*Data provided:*
↓
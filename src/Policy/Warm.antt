-- ===== src/Policy/Warm.antt =====
-- Skyrim/src/CacheWarmPolicy.h: whether a payload lies in the part of a file that is in RAM.
use faster_file_copy.Prelude.{
  ℕ, ◌+◌, ◌-◌, ◌≤◌, ◌<◌, min, ◌≡◌, ◌↔◌, Bool, true, false, ◌&&◌, ◌||◌, ltb, leb, ◌==◌,
  if◌then◌else◌, arith,
}

unfoldable pub is_range_warm : ℕ → ℕ → ℕ → ℕ → Bool
is_range_warm offset size committed warmed =
    if size == 0 || ltb committed offset || ltb (committed - offset) size
    then false
    else (let w = min warmed committed in leb offset w && leb size (w - offset))

-- A range is warm exactly when it is not empty and ends inside both the committed and the warmed
-- prefix; no sum of the test overflows.
pub is_range_warm_exact :
    (offset size committed warmed : ℕ)
    → (is_range_warm offset size committed warmed ≡ true)
      ↔ ((0 < size) × (offset + size ≤ committed) × (offset + size ≤ warmed))
unfolding is_range_warm
is_range_warm_exact offset size committed warmed = ((λ h. ground arith), (λ h. ground arith))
↑
Exactly the lines from the one containing "unfoldable pub is_range_warm" through the last line of the material above are to be returned, with nothing else.

unfoldable pub is_range_warm : ℕ → ℕ → ℕ → ℕ → Bool
is_range_warm offset size committed warmed =
    if size == 0 || ltb committed offset || ltb (committed - offset) size
    then false
    else (let w = min warmed committed in leb offset w && leb size (w - offset))

-- A range is warm exactly when it is not empty and ends inside both the committed and the warmed
-- prefix; no sum of the test overflows.
pub is_range_warm_exact :
    (offset size committed warmed : ℕ)
    → (is_range_warm offset size committed warmed ≡ true)
      ↔ ((0 < size) × (offset + size ≤ committed) × (offset + size ≤ warmed))
unfolding is_range_warm
is_range_warm_exact offset size committed warmed = ((λ h. ground arith), (λ h. ground arith))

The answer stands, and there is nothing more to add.